Dans l'épopée hindoue du Mahābhārata, Satī, qui porte aussi le nom de Dakshayani, est l'aînée des filles de Prasuti et Daksha. Elle aime Shiva, mais son père, Daksha, qui s'est disputé avec le dieu, interdit leur mariage. Ce terme signifie en sanskrit « véracité » (de Satya, « vérité »).

Satī passe outre et Daksha se venge en invitant tous les dieux sauf Shiva à un sacrifice dédié à Vishnou. Satī retient ses souffles et s'enflamme dans le feu sacrificiel pour laver l'affront fait à son mari. Shiva, l'ayant appris, se précipite au palais, tue un grand nombre d'invités et décapite Daksha, remplaçant plus tard sa tête par celle d'un bélier. Satî renaît ensuite sous la forme de Pârvatî et retrouve ainsi son époux[1].

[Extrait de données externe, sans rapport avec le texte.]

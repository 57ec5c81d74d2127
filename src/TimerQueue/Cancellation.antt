-- ===== src/TimerQueue/Cancellation.antt =====
-- Cancelling a timer.
use epoll.Base.{
  ℕ, suc, ◌≡◌, refl, ap, ◌∙◌, inl, inr, true, false, ◌||◌, ◌==◌, Option, none, some, Bool-cases,
  length, ok, arith, ==_iff,
}
use epoll.TimerQueue.{
  Pairs, contains, put, remove, Timer, TimerQueue, set_at, drop_timer, remember, cancel_in_loop,
}
use epoll.TimerQueue.InStep.{runs_at, InStep, timer_lem}
use epoll.TimerQueue.Sets.{contains-put, length-remove, is_sorted, remove-sorted, contains-remove}

runs_at_own :
    (a : ℕ) (t : Timer) (q : TimerQueue)
    → q.heap a ≡ some t
    → contains (a, t.sequence) q.active_timers ≡ true
    → runs_at (q.heap a) a t.expiration q.active_timers ≡ true
unfolding runs_at
runs_at_own a t q here active = rw (here, active) (ground arith)

-- The state after a cancellation of the timer `t` at `a`.
without : ℕ → Timer → TimerQueue → TimerQueue
without a t q = record q {
  timers = remove (t.expiration, a) q.timers;
  active_timers = remove (a, t.sequence) q.active_timers;
  heap = set_at a none q.heap;
}

remove_other :
    (o : Option Timer) (a sequence when b : ℕ) (active : Pairs)
    → is_sorted active ≡ true
    → b == a ≡ false
    → runs_at o b when (remove (a, sequence) active) ≡ runs_at o b when active
unfolding runs_at
remove_other none a sequence when b active h other = refl
remove_other (some t) a sequence when b active h other =
    ground (arith, contains-remove (a, sequence) (b, t.sequence) active h, other)

remove_member :
    (a : ℕ) (t : Timer) (q : TimerQueue)
    → InStep q
    → q.heap a ≡ some t
    → (when b : ℕ)
    → contains (when, b) (remove (t.expiration, a) q.timers)
      ≡ runs_at (set_at a none q.heap b) b when (remove (a, t.sequence) q.active_timers)
unfolding set_at runs_at
remove_member a t q v here when b =
    let timers = contains-remove (t.expiration, a) (when, b) q.timers v.timers_sorted in
    elim (Bool-cases (b == a)) [
      | inl same ↦
          let old =
            v.member_lem when b
            ∙ ap (λ o. runs_at o b when q.active_timers) (ap q.heap ((==_iff b a).0 same) ∙ here) in
          rw same (ground (arith, timers, same, old))
      | inr other ↦
          rw
            (
              other,
              remove_other (q.heap b) a t.sequence when b q.active_timers v.active_sorted other,
            )
            (ground (arith, timers, v.member_lem when b, other))
    ]

without-InStep :
    (a : ℕ) (t : Timer) (q : TimerQueue)
    → InStep q
    → q.heap a ≡ some t
    → contains (a, t.sequence) q.active_timers ≡ true
    → contains (t.expiration, a) q.timers ≡ true
    → InStep (without a t q)
unfolding without
without-InStep a t q v here active listed = record {
  timers_sorted = remove-sorted (t.expiration, a) q.timers v.timers_sorted;
  active_sorted = remove-sorted (a, t.sequence) q.active_timers v.active_sorted;
  size_lem = omega (
    arith,
    v.size_lem,
    length-remove (t.expiration, a) q.timers listed,
    length-remove (a, t.sequence) q.active_timers active,
  );
  member_lem = λ when b. remove_member a t q v here when b;
}

drop_timer_lem :
    (a : ℕ) (t : Timer) (q : TimerQueue)
    → q.heap a ≡ some t
    → contains (t.expiration, a) q.timers ≡ true
    → drop_timer a t.sequence q ≡ ok (without a t q)
unfolding drop_timer without
drop_timer_lem a t q here listed = rw (timer_lem a t q here, listed) refl

-- `cancelInLoop` of an active timer succeeds: one entry leaves each set, the timer's, the timer is
-- deleted, and the sets stay in step.
pub cancel_in_loop_lem :
    (a : ℕ) (t : Timer) (q : TimerQueue)
    → InStep q
    → q.heap a ≡ some t
    → contains (a, t.sequence) q.active_timers ≡ true
    → (q' : TimerQueue) × (cancel_in_loop true a t.sequence q ≡ ok q')
      × InStep q'
      × (q'.heap a ≡ none)
      × (contains (a, t.sequence) q'.active_timers ≡ false)
      × (suc (length q'.timers) ≡ length q.timers)
unfolding cancel_in_loop without set_at
cancel_in_loop_lem a t q v here active =
    let listed : contains (t.expiration, a) q.timers ≡ true =
      v.member_lem t.expiration a ∙ runs_at_own a t q here active in
    let w = without-InStep a t q v here active listed in
    (
      without a t q,
      rw (active, drop_timer_lem a t q here listed) (ground (arith, v.size_lem, w.size_lem)),
      w,
      ground arith,
      ground
          (arith, contains-remove (a, t.sequence) (a, t.sequence) q.active_timers v.active_sorted),
      length-remove (t.expiration, a) q.timers listed,
    )

-- `cancelInLoop` of a timer that is not active, such as one that has run, faults nothing, leaves both
-- sets, the timers and the timerfd as they are, and outside the run of expired timers changes nothing.
pub cancel_in_loop_inactive :
    (a sequence : ℕ) (q : TimerQueue)
    → InStep q
    → contains (a, sequence) q.active_timers ≡ false
    → (q' : TimerQueue) × (cancel_in_loop true a sequence q ≡ ok q')
      × InStep q'
      × (q'.timers ≡ q.timers)
      × (q'.active_timers ≡ q.active_timers)
      × (q'.heap ≡ q.heap)
      × (q'.armed ≡ q.armed)
      × (contains (a, sequence) q'.canceling_timers
          ≡ (contains (a, sequence) q.canceling_timers || q.calling_expired_timers))
unfolding cancel_in_loop remember
cancel_in_loop_inactive a sequence q v gone = elim (Bool-cases q.calling_expired_timers) [
  | inr idle ↦ (
    q,
    rw (gone, idle, v.size_lem) (ground arith),
    v,
    refl,
    refl,
    refl,
    refl,
    ground (arith, idle),
  )
  | inl calling ↦ elim (Bool-cases (contains (a, sequence) q.canceling_timers)) [
    | inl known ↦ (
      q,
      rw (gone, calling, known, v.size_lem) (ground arith),
      v,
      refl,
      refl,
      refl,
      refl,
      ground (arith, known),
    )
    | inr fresh ↦ (
      record q { canceling_timers = put (a, sequence) q.canceling_timers },
      rw (gone, calling, fresh, v.size_lem) (ground arith),
      record {
        timers_sorted = v.timers_sorted;
        active_sorted = v.active_sorted;
        size_lem = v.size_lem;
        member_lem = v.member_lem;
      },
      refl,
      refl,
      refl,
      refl,
      ground (arith, contains-put (a, sequence) (a, sequence) q.canceling_timers, calling),
    )
  ]
]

La satī, parfois appelée le sutty au XIXe siècle[2], est donc aussi le nom du sacrifice des veuves qui se jettent dans le bûcher crématoire de leur époux[3].


Satī dans la mythologie hindoue (Bhâgavata Pourâna, IXe siècle)[modifier | modifier le code]

« Après avoir ainsi accablé d'injures Daksha, au milieu du sacrifice, Satî s'assit par terre en silence, se tournant du côté du Nord, puis, ayant porté de l'eau à ses lèvres et s'étant enveloppée dans son vêtement de couleur jaune, elle ferma les yeux et entra dans la voie du Yôga.
Ayant supprimé également toute inspiration et toute expiration, maîtresse de sa position, après avoir rappelé de la région du nombril le souffle vital nommé Vdâna, et avoir peu à peu arrêté dans son cœur à l'aide de sa pensée, ce souffle qu'elle venait de fixer dans sa poitrine, la déesse irréprochable le fit remonter jusqu'à sa gorge et de là jusqu'au milieu de ses deux sourcils.
C'est ainsi que, voulant abandonner ce corps que le plus grand des êtres avait tant de fois placé par tendresse sur son sein, la vertueuse Satî, poussée par la colère de Daksha, soumit son corps à l'épreuve qui consiste à renfermer en soi-même le feu du souffle vital.
Pensant ensuite au nectar du lotus des pieds de son époux, du Précepteur de l'Univers, elle ne vit plus autre chose ; et son corps, purifié de tout péché, parut tout d'un coup embrasé par le feu qu'y avait allumé la Contemplation. »

— Satî abandonne son corps[4].


La Satī, coutume funéraire[modifier | modifier le code]

La légende de Satī, épouse de Shiva, ou celle de Sita, épouse de Rama dans le Ramayana, sont souvent évoquées pour justifier l'origine du satī. Cependant, ni l'une ni l'autre ne sont veuves lorsqu'elles décident de monter sur le bûcher.

Néanmoins, Savitri offre son enveloppe charnelle afin que son ātman rejoigne celui de son mari.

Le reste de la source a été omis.